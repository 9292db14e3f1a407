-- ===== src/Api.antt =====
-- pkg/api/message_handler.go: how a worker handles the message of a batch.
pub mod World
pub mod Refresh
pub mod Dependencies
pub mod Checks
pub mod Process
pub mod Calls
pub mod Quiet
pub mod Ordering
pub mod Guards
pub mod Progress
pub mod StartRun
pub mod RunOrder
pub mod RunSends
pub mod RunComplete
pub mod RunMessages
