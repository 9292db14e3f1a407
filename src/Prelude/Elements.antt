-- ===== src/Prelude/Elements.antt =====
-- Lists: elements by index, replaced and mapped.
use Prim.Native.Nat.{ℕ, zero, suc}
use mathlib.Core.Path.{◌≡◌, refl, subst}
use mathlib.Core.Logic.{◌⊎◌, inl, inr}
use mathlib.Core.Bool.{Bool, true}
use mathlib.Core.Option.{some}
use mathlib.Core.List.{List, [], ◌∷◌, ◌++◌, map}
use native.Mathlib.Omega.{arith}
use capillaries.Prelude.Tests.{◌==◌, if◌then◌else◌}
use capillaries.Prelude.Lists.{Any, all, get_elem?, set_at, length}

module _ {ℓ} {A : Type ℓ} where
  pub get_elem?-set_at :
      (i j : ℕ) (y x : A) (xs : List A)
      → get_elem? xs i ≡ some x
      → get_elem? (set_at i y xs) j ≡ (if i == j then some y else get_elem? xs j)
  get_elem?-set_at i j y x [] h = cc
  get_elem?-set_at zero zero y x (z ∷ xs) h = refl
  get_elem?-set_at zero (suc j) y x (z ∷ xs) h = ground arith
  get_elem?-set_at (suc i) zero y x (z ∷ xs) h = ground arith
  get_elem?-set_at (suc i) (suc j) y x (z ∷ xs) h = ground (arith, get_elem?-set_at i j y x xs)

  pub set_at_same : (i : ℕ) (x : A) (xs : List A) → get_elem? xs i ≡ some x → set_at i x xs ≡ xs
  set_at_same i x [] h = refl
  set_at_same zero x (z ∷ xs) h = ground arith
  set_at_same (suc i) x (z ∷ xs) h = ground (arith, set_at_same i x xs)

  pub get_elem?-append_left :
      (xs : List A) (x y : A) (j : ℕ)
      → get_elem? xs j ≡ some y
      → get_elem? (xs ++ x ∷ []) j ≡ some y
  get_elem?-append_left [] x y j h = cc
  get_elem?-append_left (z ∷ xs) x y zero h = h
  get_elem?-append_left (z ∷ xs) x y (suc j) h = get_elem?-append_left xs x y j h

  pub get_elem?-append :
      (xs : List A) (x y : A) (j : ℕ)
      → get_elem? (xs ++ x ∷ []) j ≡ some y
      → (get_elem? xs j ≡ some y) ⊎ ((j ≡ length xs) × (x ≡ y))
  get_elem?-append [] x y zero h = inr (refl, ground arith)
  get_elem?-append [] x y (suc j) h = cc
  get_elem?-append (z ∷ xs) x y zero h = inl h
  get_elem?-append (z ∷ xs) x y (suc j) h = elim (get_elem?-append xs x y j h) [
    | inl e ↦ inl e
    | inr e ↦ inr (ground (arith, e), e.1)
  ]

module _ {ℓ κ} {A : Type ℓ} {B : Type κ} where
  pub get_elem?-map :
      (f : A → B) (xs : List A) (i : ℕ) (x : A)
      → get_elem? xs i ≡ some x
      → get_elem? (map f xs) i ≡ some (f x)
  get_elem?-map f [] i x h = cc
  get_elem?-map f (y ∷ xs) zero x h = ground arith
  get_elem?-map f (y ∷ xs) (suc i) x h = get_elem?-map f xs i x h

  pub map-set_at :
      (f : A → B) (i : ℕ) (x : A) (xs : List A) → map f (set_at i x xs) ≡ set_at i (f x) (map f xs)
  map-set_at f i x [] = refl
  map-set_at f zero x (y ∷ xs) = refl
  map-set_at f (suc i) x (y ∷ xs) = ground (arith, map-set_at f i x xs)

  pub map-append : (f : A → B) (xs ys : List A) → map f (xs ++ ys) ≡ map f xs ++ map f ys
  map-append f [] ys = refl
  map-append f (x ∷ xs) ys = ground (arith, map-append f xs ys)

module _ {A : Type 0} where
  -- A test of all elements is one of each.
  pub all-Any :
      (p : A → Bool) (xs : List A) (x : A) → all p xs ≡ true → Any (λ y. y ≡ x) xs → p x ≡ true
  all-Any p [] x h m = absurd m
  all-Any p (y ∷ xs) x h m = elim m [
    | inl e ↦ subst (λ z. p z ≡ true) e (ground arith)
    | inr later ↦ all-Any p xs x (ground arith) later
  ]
-.-.-
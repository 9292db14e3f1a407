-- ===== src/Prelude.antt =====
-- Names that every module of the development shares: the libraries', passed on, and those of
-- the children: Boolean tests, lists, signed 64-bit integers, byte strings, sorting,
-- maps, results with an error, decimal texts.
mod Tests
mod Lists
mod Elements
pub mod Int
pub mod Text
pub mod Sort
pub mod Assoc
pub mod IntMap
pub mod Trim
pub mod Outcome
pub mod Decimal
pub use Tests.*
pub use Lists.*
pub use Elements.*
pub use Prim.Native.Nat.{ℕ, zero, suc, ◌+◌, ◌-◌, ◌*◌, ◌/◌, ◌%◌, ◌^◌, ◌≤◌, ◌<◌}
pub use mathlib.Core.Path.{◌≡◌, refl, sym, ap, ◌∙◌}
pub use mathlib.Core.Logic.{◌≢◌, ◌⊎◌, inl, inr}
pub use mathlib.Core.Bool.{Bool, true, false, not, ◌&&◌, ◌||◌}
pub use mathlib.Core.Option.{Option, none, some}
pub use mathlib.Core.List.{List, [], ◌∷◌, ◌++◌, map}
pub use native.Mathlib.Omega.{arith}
-.-.-
WHAT YOU HAVE TO DO
Provide the count of lines in the data above containing "Core", and nothing further.

WRITTEN REPLY
10